Über 300 serbische Teilnehmerinnen und Teilnehmer aus der Region hatte er schon in seinen Kursen, darunter auch Mila Mihajlovic. Die 17-Jährige hat nicht bei Null angefangen mit der Sprache, ihr serbischer Großvater, erinnert sie sich, habe fließend Albanisch gesprochen und viele albanische Freunde gehabt.
"Unser Zusammenleben funktioniert nun mal nicht, wenn wir die Grundlagen hierfür nicht beherrschen. Und das Wichtigste dabei ist doch die Sprache. Ohne Sprache können wir unsere Gefühle und Bedürfnisse eben nicht ausdrücken. Mir wurde irgendwann einfach klar: Du lebst im Kosovo, und wenn du einmal Kinder haben wirst – willst du, dass sie in einem Umfeld leben, das sie nicht verstehen und in dem sie missverstanden werden können? Willst du das deinen Kindern wirklich antun?"
Umgekehrt, erzählt Bojan Stamenkovic, lernen auch Albaner Serbisch in Kamenica.
"Am Anfang, vor ein paar Jahren, war das nicht einfach mit den Sprachkursen. Es gab Vorurteile und Widerstände: Der albanische Bürgermeister Kastrati hat das stark unterstützt, wurde aber von einigen Leuten angefeindet: Warum sollen wir Albaner jetzt Serbisch lernen? Und die Serben fragten mich: Wofür brauchen wir Albanisch? Aber die Sprache bringt uns doch zusammen, die Menschen verstehen ihre Nachbarn, und nur so kann der Frieden hier gefestigt werden."

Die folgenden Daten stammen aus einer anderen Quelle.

-- ===== src/Client/Sender/Threads/Ends.antt =====
-- The end of a call of `send_next` of rust/crates/clickman/src/sender.rs that waited, as the end of a whole
-- call.
use clickman.Base.{◌≡◌, refl, sym, ap, ◌∙◌, ◌⊎◌, inl, inr, Bool, true, false, some}
use clickman.Client.Clock.{unix_millis, rfc3339_millis}
use clickman.Client.Config.{Config}
use clickman.Client.Outcome.{Outcome, delivered, refused, retry, of}
use clickman.Client.Backoff.Float.{Float64}
use clickman.Client.Platform.{Platform}
use clickman.Client.Store.{Database}
use clickman.Client.Queue.{payload, take_batch}
use clickman.Client.Sender.{Attempt}
use clickman.Client.Sender.{
  World, land, settle, settle_as, back_off, deliver, send_taken, send_next,
}
use clickman.Client.Sender.Threads.{Posted, answer_to, settle_if, conclude, cancel}
use clickman.Client.Sender.Threads.Serial.{abandon, Serial, sends, abandons, Waiting, with_change}

module _ (p : Platform) (f : Float64) (config : Config) where
  -- What happens meanwhile is not asked when the answer is there.
  settle_as_change :
      (outcome : Outcome) (call : Posted f) (change : Database → Database) (v : World)
      → settle_as p f config outcome call.batch
          (answer_to p f config call)
          (with_change p f config call.attempt change)
          v
        ≡ settle_as p f config outcome call.batch (answer_to p f config call) call.attempt v
  unfolding settle_as back_off
  settle_as_change delivered call change v = refl
  settle_as_change refused call change v = refl
  settle_as_change retry call change v = refl

  deliver-conclude :
      (call : Posted f) (change : Database → Database) (v : World)
      → p.compress (payload call.batch (rfc3339_millis (p.civil call.attempt.now))) ≡ some call.body
      → (deliver p f config call.batch (with_change p f config call.attempt change) v).1
        ≡ conclude p f config true call (record v { database = change v.database })
  unfolding conclude deliver settle settle_if
  deliver-conclude call change v e =
      rw (e, deliver)
        (ap (λ (u : World). record u { state = land u.state })
          (settle_as_change (of (answer_to p f config call).status) call change
            (record v { database = change v.database })))

  conclude-cases :
      (works : Bool) (call : Posted f) (now : World)
      → (conclude p f config works call now ≡ conclude p f config true call now)
        ⊎ (conclude p f config works call now ≡ cancel p f config now)
  unfolding conclude cancel settle_if
  conclude-cases true call now = inl refl
  conclude-cases false call now = go (of (answer_to p f config call).status)
    where
      go :
          (outcome : Outcome)
          → (record (settle_if p f config false outcome call now) {
            state = land (settle_if p f config false outcome call now).state;
          }
              ≡ record (settle_if p f config true outcome call now) {
                state = land (settle_if p f config true outcome call now).state;
              })
            ⊎ (record (settle_if p f config false outcome call now) {
              state = land (settle_if p f config false outcome call now).state;
            }
                ≡ record now { state = land now.state })
      go delivered = inr refl
      go refused = inr refl
      go retry = inl refl

module _ (p : Platform) (f : Float64) (config : Config) (Meets : Attempt f → Type 0)
    (Writes : (Database → Database) → Type 0) where
  conclude-send_next :
      (w now : World) (call : Posted f) (h : Waiting p f config Meets Writes w now call)
      → conclude p f config true call now
        ≡ (send_next p f config h.urgency (with_change p f config call.attempt h.change) h.before).1
  unfolding send_next send_taken
  conclude-send_next w now call h =
      let kept = (take_batch config (unix_millis call.attempt.now) h.urgency h.before.database).1 in
      let v : World = record { database = kept; state = h.state } in
      rw (h.reserved, send_next)
        (ap (conclude p f config true call) h.is_now
          ∙ (sym (deliver-conclude p f config call h.change v h.compressed)
              ∙ ap
                  (λ taken.
                    (send_taken p f config taken (with_change p f config call.attempt h.change)
                      v).1)
                  (sym h.took)))

  pub cancel-abandon :
      (w now : World) (call : Posted f) (h : Waiting p f config Meets Writes w now call)
      → cancel p f config now
        ≡ abandon p f config h.urgency (with_change p f config call.attempt h.change) h.before
  unfolding cancel
  cancel-abandon w now call h = rw (h.reserved, abandon) (ap (cancel p f config) h.is_now)

  pub conclude-Serial :
      (w : World) (works : Bool) (now : World) (call : Posted f)
      → Waiting p f config Meets Writes w now call
      → Serial p f config Meets Writes w (conclude p f config works call now)
  conclude-Serial w works now call h = elim (conclude-cases p f config works call now) [
    | inl e ↦
        sends h.serial h.urgency call.attempt h.meets h.change h.composed
          (e ∙ conclude-send_next w now call h)
    | inr e ↦
        abandons h.serial h.urgency call.attempt h.meets h.change h.composed
          (e ∙ cancel-abandon w now call h)
  ]
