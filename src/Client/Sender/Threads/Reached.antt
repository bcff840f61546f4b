-- ===== src/Client/Sender/Threads/Reached.antt =====
-- The flight of `Sender` in rust/crates/clickman/src/sender.rs makes its calls serial.
use clickman.Base.{
  ℕ, ◌≡◌, refl, ap, inl, inr, subst, Option, none, some, List, [], ◌∷◌, ◌++◌, arith, Option-cases,
}
use clickman.Base.Int.{ℤ}
use clickman.Client.Clock.{unix_millis, rfc3339_millis}
use clickman.Client.Config.{Config}
use clickman.Client.Backoff.Float.{Float64}
use clickman.Client.Platform.{Platform}
use clickman.Client.Store.{Database}
use clickman.Client.Queue.{Batch, Urgency, payload, take_batch}
use clickman.Client.Sender.{idle, in_flight, SenderState, Attempt, World, reserve}
use clickman.Client.Sender.Threads.{
  Posted, System, post_batch, begin_taken, begin, conclude, cancel, Step, begins, concludes,
  cancels, writes, Reach, here, next,
}
use clickman.Client.Sender.Threads.Serial.{
  abandon, unchanged, changed, Serial, start, abandons, changes, Waiting, IsSerial,
}
use clickman.Client.Sender.Threads.Ends.{conclude-Serial, cancel-abandon}

only-parts :
    {A : Type 0} (xs before after : List A) (a b : A)
    → xs ≡ a ∷ []
    → xs ≡ before ++ b ∷ after
    → (a ≡ b) × (before ++ after ≡ [])
only-parts xs [] [] a b h e = ground arith
only-parts xs [] (y ∷ after) a b h e = absurd (ground arith)
only-parts xs (x ∷ []) after a b h e = absurd (ground arith)
only-parts xs (x ∷ y ∷ before) after a b h e = absurd (ground arith)

nothing-parts :
    {A : Type 0} (xs before after : List A) (b : A) → xs ≡ [] → xs ≡ before ++ b ∷ after → ⊥
nothing-parts xs [] after b h e = cc
nothing-parts xs (x ∷ before) after b h e = cc

reserved-idle :
    (now : ℤ) (state state' : SenderState) → reserve now state ≡ some state' → state.flight ≡ idle
unfolding reserve
reserved-idle now state state' h = ground arith

reserved-in_flight :
    (now : ℤ) (state state' : SenderState)
    → reserve now state ≡ some state'
    → state' ≡ record { flight = in_flight; backoff = state.backoff }
unfolding reserve
reserved-in_flight now state state' h = ground arith

reserve-in_flight :
    (now : ℤ) (state : SenderState) → state.flight ≡ in_flight → reserve now state ≡ none
unfolding reserve
reserve-in_flight now state h = ground arith

module _ (p : Platform) (f : Float64) (config : Config) (Meets : Attempt f → Type 0)
    (Writes : (Database → Database) → Type 0) where
  module _ (w : World) where
    -- The part of a call up to its post, where no call waits.
    post-IsSerial :
        (urgency : Urgency) (attempt : Attempt f) (meets : Meets attempt) (s : System f)
        (state : SenderState) (batch : Batch) (body : Option (List ℕ))
        → s.posted ≡ []
        → Serial p f config Meets Writes w s.world
        → reserve (unix_millis attempt.now) s.world.state ≡ some state
        → (take_batch config (unix_millis attempt.now) urgency s.world.database).0 ≡ some batch
        → p.compress (payload batch (rfc3339_millis (p.civil attempt.now))) ≡ body
        → IsSerial p f config Meets Writes w (
            post_batch p f config batch body attempt (record s {
              world = record {
                database = (take_batch config (unix_millis attempt.now) urgency s.world.database).1;
                state = state;
              };
            }))
    unfolding post_batch
    post-IsSerial urgency attempt meets s state batch none quiet serial reserved took compressed =
        inl (
          quiet,
          refl,
          abandons serial urgency attempt meets (λ db. db) unchanged (rw (reserved, abandon) refl),
        )
    post-IsSerial urgency attempt meets s state batch (some body) quiet serial reserved took
          compressed =
        inr (
          record { batch = batch; body = body; attempt = attempt },
          ap (λ posted. posted ++ record { batch = batch; body = body; attempt = attempt } ∷ [])
              quiet,
          ap (λ (s : SenderState). s.flight)
              (reserved-in_flight (unix_millis attempt.now) s.world.state state reserved),
          record {
            before = s.world;
            serial = serial;
            urgency = urgency;
            meets = meets;
            state = state;
            change = λ db. db;
            composed = unchanged;
            reserved = reserved;
            took = took;
            compressed = compressed;
            is_now = refl;
          },
        )

    taken-IsSerial :
        (urgency : Urgency) (attempt : Attempt f) (meets : Meets attempt) (s : System f)
        (state : SenderState) (taken : Option Batch)
        → s.posted ≡ []
        → Serial p f config Meets Writes w s.world
        → reserve (unix_millis attempt.now) s.world.state ≡ some state
        → (take_batch config (unix_millis attempt.now) urgency s.world.database).0 ≡ taken
        → IsSerial p f config Meets Writes w (
            begin_taken p f config taken attempt (record s {
              world = record {
                database = (take_batch config (unix_millis attempt.now) urgency s.world.database).1;
                state = state;
              };
            }))
    unfolding begin_taken
    taken-IsSerial urgency attempt meets s state none quiet serial reserved took = inl (
      quiet,
      refl,
      abandons serial urgency attempt meets (λ db. db) unchanged (rw (reserved, abandon) refl),
    )
    taken-IsSerial urgency attempt meets s state (some batch) quiet serial reserved took =
        post-IsSerial urgency attempt meets s state batch _ quiet serial reserved took refl

    begin-IsSerial :
        (urgency : Urgency) (attempt : Attempt f) (meets : Meets attempt) (s : System f)
        → IsSerial p f config Meets Writes w s
        → IsSerial p f config Meets Writes w (begin p f config urgency attempt s)
    unfolding begin
    begin-IsSerial urgency attempt meets s (inl (quiet, is_idle, serial)) =
        elim (Option-cases (reserve (unix_millis attempt.now) s.world.state)) [
          | inl e ↦ rw (e, begin) (inl (quiet, is_idle, serial))
          | inr (state, e) ↦
              rw (e, begin) (taken-IsSerial urgency attempt meets s state _ quiet serial e refl)
        ]
    begin-IsSerial urgency attempt meets s (inr (call, one, flies, waits)) =
        rw (reserve-in_flight (unix_millis attempt.now) s.world.state flies, begin)
          (inr (call, one, flies, waits))

    Waiting-change :
        (now : World) (call : Posted f) (change : Database → Database)
        → Writes change
        → Waiting p f config Meets Writes w now call
        → Waiting p f config Meets Writes w (record now { database = change now.database }) call
    Waiting-change now call change allowed h = record {
      before = h.before;
      serial = h.serial;
      urgency = h.urgency;
      meets = h.meets;
      state = h.state;
      change = λ db. change (h.change db);
      composed = changed h.composed allowed;
      reserved = h.reserved;
      took = h.took;
      compressed = h.compressed;
      is_now = ap (λ (v : World). record v { database = change v.database }) h.is_now;
    }

    Step-IsSerial :
        (s t : System f)
        → Step p f config Meets Writes s t
        → IsSerial p f config Meets Writes w s
        → IsSerial p f config Meets Writes w t
    unfolding conclude cancel
    Step-IsSerial s t (begins urgency attempt meets) h = begin-IsSerial urgency attempt meets s h
    Step-IsSerial s t (concludes works before after call e) (inl (quiet, is_idle, serial)) =
        absurd (nothing-parts s.posted before after call quiet e)
    Step-IsSerial s t (concludes works before after call e) (inr (one, is_one, flies, waits)) =
        let (same, rest) = only-parts s.posted before after one call is_one e in
        inl (
          rest,
          refl,
          conclude-Serial p f config Meets Writes w works s.world call
              (subst (Waiting p f config Meets Writes w s.world) same waits),
        )
    Step-IsSerial s t (cancels before after call e) (inl (quiet, is_idle, serial)) =
        absurd (nothing-parts s.posted before after call quiet e)
    Step-IsSerial s t (cancels before after call e) (inr (one, is_one, flies, waits)) =
        let (same, rest) = only-parts s.posted before after one call is_one e in
        inl (
          rest,
          refl,
          abandons waits.serial waits.urgency one.attempt waits.meets waits.change waits.composed
              (cancel-abandon p f config Meets Writes w s.world one waits),
        )
    Step-IsSerial s t (writes change allowed) (inl (quiet, is_idle, serial)) =
        inl (quiet, is_idle, changes serial change allowed refl)
    Step-IsSerial s t (writes change allowed) (inr (call, one, flies, waits)) =
        inr (call, one, flies, Waiting-change s.world call change allowed waits)

    -- However calls of `send_next` interleave with each other and with the other calls, cancelled ones
    -- and failed writes included, from a world with nothing in flight: at most one of them waits for
    -- an answer at a time, and the flight is taken exactly while one does. While none waits, the world
    -- is one that whole calls come to, one after the other: sends with some changes of the store during
    -- each, sends that were abandoned, and changes of the store. The attempts and the changes of the
    -- whole calls are of whatever kind those of the interleaved ones are.
    pub Reach-IsSerial :
        (t : System f)
        → w.state.flight ≡ idle
        → Reach p f config Meets Writes (record { world = w; posted = [] }) t
        → IsSerial p f config Meets Writes w t
    Reach-IsSerial t is_idle here = inl (refl, is_idle, start)
    Reach-IsSerial t is_idle (next {t = u} reach step) =
        Step-IsSerial u t step (Reach-IsSerial u is_idle reach)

Das Miteinander von Serben und Albanern spielt sich in Kamanica nicht nur im Alltag ab, sondern auch auf politischer Ebene: Der langjährige Erste Bürgermeister, Qëndron Kastrati, ist Albaner – und mit Bojan Stamenkovic befreundet. Außerdem war der Serbe auch schon einige Jahre lang Kastratis Stellvertreter als Zweiter Bürgermeister. Und in diesem Jahr will sich Bojan erneut zur Wahl stellen für das Amt.